「宇宙戦艦ヤマト/完結編」ドラマ編

Re: 「宇宙戦艦ヤマト/完結編」ドラマ編
投稿日 |
: 2012/01/23 17:26 |
投稿者 |
: 久保田r |
参照先 |
: |
劇場作品「完結編」のドラマ編。仲代達矢さんのナレーションの他に補足用ナレーションとして山内雅人さんの声が随所に挿入されている他は、ほぼそのまま。…というのは当たり前のことなのだけど、本編150分ほどもある内容のものが、ほぼそのままの形でカセット2巻組に収録となっている点が素晴らしいことかと。元々詰め込み過ぎな設定なのではあるのだけど、しかしそれが「ヤマト」の最後にふさわしい壮大なスケールとなっており、且つ厚みをつけているのは確か。二つの銀河系の衝突から端を発し、ガルマン・ガミラス星を訪れ、その帰路にアクエリアスとディンギル星と遭遇、地球の危機、ヤマト激戦の連続という流れを、端折ることなくきっちりと収録している。途中、細かなカット部分はあるものの気にならないほど。ピンチ→ラッキー→ピンチ→ラッキーの連続からなるドラマチックなストーリーの流れが、音のみのドラマ編でもきっちりと展開されている。
地球艦隊の滅亡、ディンギル少年の死、島大介の死…。「完結編」は、これまでの作品と比べ、より悲壮感の濃い作品となっているが、それらを包み込むかのようにヤマトと大和に対する様々な形の色々なロマンが全体に流れている。台詞の一つ一つに力と重みがあり、台詞の切り出し方が実に丁寧でドラマ性に富んでいる。また、シーンを描写する音楽の表現力が心底素晴らしく、併せて効果音も秀逸。音楽と効果音の絡みがドラマチックな作品をより作品を盛り上げており、一つ一つのシーンのイメージをより質の高いものとしている。「完結編」は丁寧で表現力の優れた映像作品であったが、音に関しても同じくらいの質量で持ってこだわりを持っていた。当ドラマ編では、その音のこだわりを篤と味わえる内容となっており、感動すら覚えるほど。極端な例え、ナレーションを排しても作品の本質とロマンとストーリーの流れが掴めるのではないだろうか…と思えるほど素晴らしい仕上がりと出来映えになっている…と思う。(私が、作品をとことん知り尽くしているからかも知れないが)
「1」作目から聞き続けたドラマ編であったが、いくつかの作品のドラマ編は未入手であったりLPで所有してたりという理由で聞いていないものもあるが、こうして順を追って聞くと、これまでの積み重ねの上で作られた「完結編」が最もスケールが大きくて質の高いものであるように感じ取った。
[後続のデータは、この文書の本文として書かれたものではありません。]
-- ===== src/Wire/Layout.antt =====
-- The bytes of a window frame on the wire, written down field by field, and that put_frame writes them.
use mathlib.Core.Path.{subst}
use native_pipe.Base.{
  ℕ, ◌+◌, ◌*◌, ap, is_some, if◌then◌else◌, ◌/◌, ◌%◌, ◌^◌, ◌≤◌, ◌≡◌, sym, Bool, false, Option, none,
  some, List, [], ◌∷◌, ◌++◌, ltb, length, arith, append-nil,
}
use native_pipe.Base.Bytes.{le16, le32}
use native_pipe.Base.Int.{ℤ}
use native_pipe.Wire.{
  Message, Rect, FloatRect, WindowFrame, append, put_bytes, put_rect, put_rects, put_float_rect,
  put_pair, put_context, put_if, put_fixed, put_extras, put_frame, frame_flags, u32_of, max_field,
  max_collection, put_u32, put_u64,
}
use native_pipe.Wire.Writer.{Wrote, append-Wrote, Wrote-trans, IsShort}

-- One field after the other.
infixl 55 ◌<+>◌
abbrev pub ◌<+>◌ : List ℕ → List ℕ → List ℕ
xs <+> ys = xs ++ ys

abbrev pub i32_layout : ℤ → List ℕ
i32_layout a = le32 (u32_of a)

abbrev pub u64_layout : ℕ → List ℕ
u64_layout n = le32 (n % 2 ^ 32) <+> le32 (n / 2 ^ 32 % 2 ^ 32)

abbrev pub rect_layout : Rect → List ℕ
rect_layout r = i32_layout r.x <+> i32_layout r.y <+> i32_layout r.width <+> i32_layout r.height

abbrev pub float_rect_layout : FloatRect → List ℕ
float_rect_layout r =
    u64_layout r.x <+> u64_layout r.y <+> u64_layout r.width <+> u64_layout r.height

abbrev pub bytes_layout : List ℕ → List ℕ
bytes_layout bs = le32 (length bs) <+> bs

abbrev pub optional_layout {ℓ} : {A : Type ℓ} → (A → List ℕ) → Option A → List ℕ
optional_layout f none = []
optional_layout f (some a) = f a

abbrev pub rects_layout : List Rect → List ℕ
rects_layout [] = []
rects_layout (r ∷ rs) = rect_layout r ++ rects_layout rs

-- A word by its bits, the lowest first.
abbrev pub word_of : List Bool → ℕ
word_of [] = 0
word_of (b ∷ bs) = (if b then 1 else 0) + 2 * word_of bs

-- The flags word: which fields follow, from bit 0 on, and whether the frame asks for feedback.
abbrev pub flags_layout : WindowFrame → List ℕ
flags_layout f = le32 (
    word_of (
      is_some f.viewport_source
      ∷ is_some f.viewport_destination
      ∷ is_some f.window_geometry
      ∷ is_some f.codec
      ∷ is_some f.gpu_source_id
      ∷ is_some f.presentation_context
      ∷ f.requests_presentation_feedback
      ∷ []))

abbrev pub fixed_layout : WindowFrame → List ℕ
fixed_layout f =
    le32 f.resource_id
    <+> i32_layout f.width
    <+> i32_layout f.height
    <+> i32_layout f.bytes_per_row
    <+> i32_layout f.scale
    <+> (f.format ∷ [])
    <+> (f.source ∷ [])
    <+> le16 f.bitstream_epoch
    <+> le32 f.presentation_id
    <+> flags_layout f
    <+> le32 (length f.damage)

abbrev pub extras_layout : WindowFrame → List ℕ
extras_layout f =
    optional_layout float_rect_layout f.viewport_source
    <+> optional_layout (λ p. i32_layout p.0 <+> i32_layout p.1) f.viewport_destination
    <+> optional_layout rect_layout f.window_geometry
    <+> optional_layout bytes_layout f.codec
    <+> optional_layout le32 f.gpu_source_id
    <+> rects_layout f.damage
    <+> optional_layout (λ c. u64_layout c.0 <+> u64_layout c.1 <+> u64_layout c.2)
        f.presentation_context

-- A codec name that a frame can carry.
abbrev pub IsShortName : Option (List ℕ) → Type 0
IsShortName none = Unit {0}
IsShortName (some bs) = length bs ≤ max_field

module _ (realloc : ℕ → Bool) where
  -- What a put function that writes these bytes does with every message.
  abbrev pub Puts : (Message → Message) → List ℕ → Type 0
  Puts put bs = (m : Message) → IsShort m → Wrote realloc m bs (put m)

  pub Puts-append : (bs : List ℕ) → length bs ≤ 2 ^ 32 → Puts (λ m. append realloc m bs) bs
  Puts-append bs k m h = append-Wrote realloc m bs h k

  pub Puts-trans :
      {p q : Message → Message} (xs ys : List ℕ)
      → Puts p xs
      → Puts q ys
      → Puts (λ m. q (p m)) (xs ++ ys)
  Puts-trans {p} {q} xs ys h k m s =
      Wrote-trans realloc m (p m) (q (p m)) xs ys (h m s) (k (p m) ((h m s).short))

  pub Puts-nil : Puts (λ m. m) []
  Puts-nil m s = record {
    sound = λ e. (e, sym (append-nil m.bytes));
    room = λ r. r;
    short = s;
    exact = λ g. ground arith;
  }

  pub Puts-u32 : (n : ℕ) → Puts (λ m. put_u32 realloc m n) (le32 n)
  Puts-u32 n = Puts-append (le32 n) (omega arith)

  pub Puts-u64 : (n : ℕ) → Puts (λ m. put_u64 realloc m n) (u64_layout n)
  Puts-u64 n =
      Puts-trans (le32 (n % 2 ^ 32)) (le32 (n / 2 ^ 32 % 2 ^ 32)) (Puts-u32 (n % 2 ^ 32))
        (Puts-u32 (n / 2 ^ 32 % 2 ^ 32))

  pub Puts-i32 : (a : ℤ) → Puts (λ m. put_u32 realloc m (u32_of a)) (i32_layout a)
  Puts-i32 a = Puts-u32 (u32_of a)

  Puts-rect : (r : Rect) → Puts (λ m. put_rect realloc m r) (rect_layout r)
  Puts-rect r =
      let xy = Puts-trans (i32_layout r.x) (i32_layout r.y) (Puts-i32 r.x) (Puts-i32 r.y) in
      let xyw =
        Puts-trans (i32_layout r.x <+> i32_layout r.y) (i32_layout r.width) xy (Puts-i32 r.width) in
      Puts-trans (i32_layout r.x <+> i32_layout r.y <+> i32_layout r.width) (i32_layout r.height)
        xyw (Puts-i32 r.height)

  Puts-float_rect : (r : FloatRect) → Puts (λ m. put_float_rect realloc m r) (float_rect_layout r)
  Puts-float_rect r =
      let xy = Puts-trans (u64_layout r.x) (u64_layout r.y) (Puts-u64 r.x) (Puts-u64 r.y) in
      let xyw =
        Puts-trans (u64_layout r.x <+> u64_layout r.y) (u64_layout r.width) xy (Puts-u64 r.width) in
      Puts-trans (u64_layout r.x <+> u64_layout r.y <+> u64_layout r.width) (u64_layout r.height)
        xyw (Puts-u64 r.height)

  Puts-pair : (p : ℤ × ℤ) → Puts (λ m. put_pair realloc m p) (i32_layout p.0 <+> i32_layout p.1)
  Puts-pair p = Puts-trans (i32_layout p.0) (i32_layout p.1) (Puts-i32 p.0) (Puts-i32 p.1)

  Puts-context :
      (c : ℕ × ℕ × ℕ)
      → Puts (λ m. put_context realloc m c) (u64_layout c.0 <+> u64_layout c.1 <+> u64_layout c.2)
  Puts-context c =
      Puts-trans (u64_layout c.0 <+> u64_layout c.1) (u64_layout c.2)
        (Puts-trans (u64_layout c.0) (u64_layout c.1) (Puts-u64 c.0) (Puts-u64 c.1)) (Puts-u64 c.2)

  pub Puts-bytes :
      (bs : List ℕ) → length bs ≤ max_field → Puts (λ m. put_bytes realloc m bs) (bytes_layout bs)
  unfolding put_bytes
  Puts-bytes bs k m s =
      let fits : ltb max_field (length bs) ≡ false = ground arith in
      rw fits
        (Puts-trans (le32 (length bs)) bs (Puts-u32 (length bs)) (Puts-append bs (omega arith)) m s)

  Puts-rects : (rs : List Rect) → Puts (λ m. put_rects realloc m rs) (rects_layout rs)
  Puts-rects [] = Puts-nil
  Puts-rects (r ∷ rs) = Puts-trans (rect_layout r) (rects_layout rs) (Puts-rect r) (Puts-rects rs)

  -- A field that may be absent.
  module _ {A : Type 0} (put : Message → A → Message) (layout : A → List ℕ) where
    Puts-if :
        ((a : A) → Puts (λ m. put m a) (layout a))
        → (o : Option A) → Puts (λ m. put_if put m o) (optional_layout layout o)
    Puts-if h none = Puts-nil
    Puts-if h (some a) = h a

  Puts-codec :
      (o : Option (List ℕ))
      → IsShortName o
      → Puts (λ m. put_if (put_bytes realloc) m o) (optional_layout bytes_layout o)
  Puts-codec none k = Puts-nil
  Puts-codec (some bs) k = Puts-bytes bs k

  -- The fields, first to last.
  module _ (f : WindowFrame) where
    flags_word : le32 (frame_flags f) ≡ flags_layout f
    unfolding frame_flags
    flags_word = ap le32 (ground arith)

    Puts-flags : Puts (λ m. put_u32 realloc m (frame_flags f)) (flags_layout f)
    Puts-flags =
        subst (Puts (λ m. put_u32 realloc m (frame_flags f))) flags_word (Puts-u32 (frame_flags f))

    Puts-fixed : Puts (λ m. put_fixed realloc m f) (fixed_layout f)
    unfolding put_fixed
    Puts-fixed =
        let a = Puts-trans _ _ (Puts-u32 f.resource_id) (Puts-i32 f.width) in
        let b = Puts-trans _ _ a (Puts-i32 f.height) in
        let c = Puts-trans _ _ b (Puts-i32 f.bytes_per_row) in
        let e = Puts-trans _ _ c (Puts-i32 f.scale) in
        let g = Puts-trans _ _ e (Puts-append (f.format ∷ []) (omega arith)) in
        let h = Puts-trans _ _ g (Puts-append (f.source ∷ []) (omega arith)) in
        let i = Puts-trans _ _ h (Puts-append (le16 f.bitstream_epoch) (omega arith)) in
        let j = Puts-trans _ _ i (Puts-u32 f.presentation_id) in
        let k = Puts-trans _ _ j Puts-flags in Puts-trans _ _ k (Puts-u32 (length f.damage))

    Puts-extras : IsShortName f.codec → Puts (λ m. put_extras realloc m f) (extras_layout f)
    unfolding put_extras
    Puts-extras named =
        let a =
          Puts-if (put_float_rect realloc) float_rect_layout Puts-float_rect f.viewport_source in
        let b = Puts-trans _ _ a (
          Puts-if (put_pair realloc) (λ p. i32_layout p.0 <+> i32_layout p.1) Puts-pair
            f.viewport_destination) in
        let c =
          Puts-trans _ _ b (Puts-if (put_rect realloc) rect_layout Puts-rect f.window_geometry) in
        let e = Puts-trans _ _ c (Puts-codec f.codec named) in
        let g = Puts-trans _ _ e (Puts-if (put_u32 realloc) le32 Puts-u32 f.gpu_source_id) in
        let h = Puts-trans _ _ g (Puts-rects f.damage) in
        Puts-trans _ _ h (
          Puts-if (put_context realloc) (λ c. u64_layout c.0 <+> u64_layout c.1 <+> u64_layout c.2)
            Puts-context f.presentation_context)

-- A window frame of at most 4096 damage rectangles, with a codec name of at most 8 MiB if it has one,
-- makes a message that is still ok exactly its old bytes followed by the fields of the frame in the order
-- of the wire, with one bit of the flags word, in its place, for each field that may be absent and one for
-- the feedback. The bytes stay within the allocated memory, and when the allocator always gives memory the
-- message is ok afterwards if and only if it was before and is no longer than the limit with them.
pub put_frame-Wrote :
    (realloc : ℕ → Bool) (m : Message) (f : WindowFrame)
    → IsShort m
    → length f.damage ≤ max_collection
    → IsShortName f.codec
    → Wrote realloc m (fixed_layout f ++ extras_layout f) (put_frame realloc m f)
unfolding put_frame
put_frame-Wrote realloc m f s few named =
    let allowed : ltb max_collection (length f.damage) ≡ false = ground arith in
    rw allowed (
      Puts-trans realloc (fixed_layout f) (extras_layout f) (Puts-fixed realloc f)
        (Puts-extras realloc f named) m s)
TVシリーズのドラマ編などは、ストーリーの起承転結を入れるのが精一杯という構成が多く感動の薄いものもあったが、「完結編」は「ヤマト」の集大成的な作品であるため、隅から隅までが丁寧で聞き応えあり。音楽と台詞と効果音で織りなすドラマを不足なく聞くことができる。いくつかのシーンでは涙ぐんでしまった。「ヤマト」最後の作品に精魂込めた声優さんの演技を堪能できる質の高いアルバム。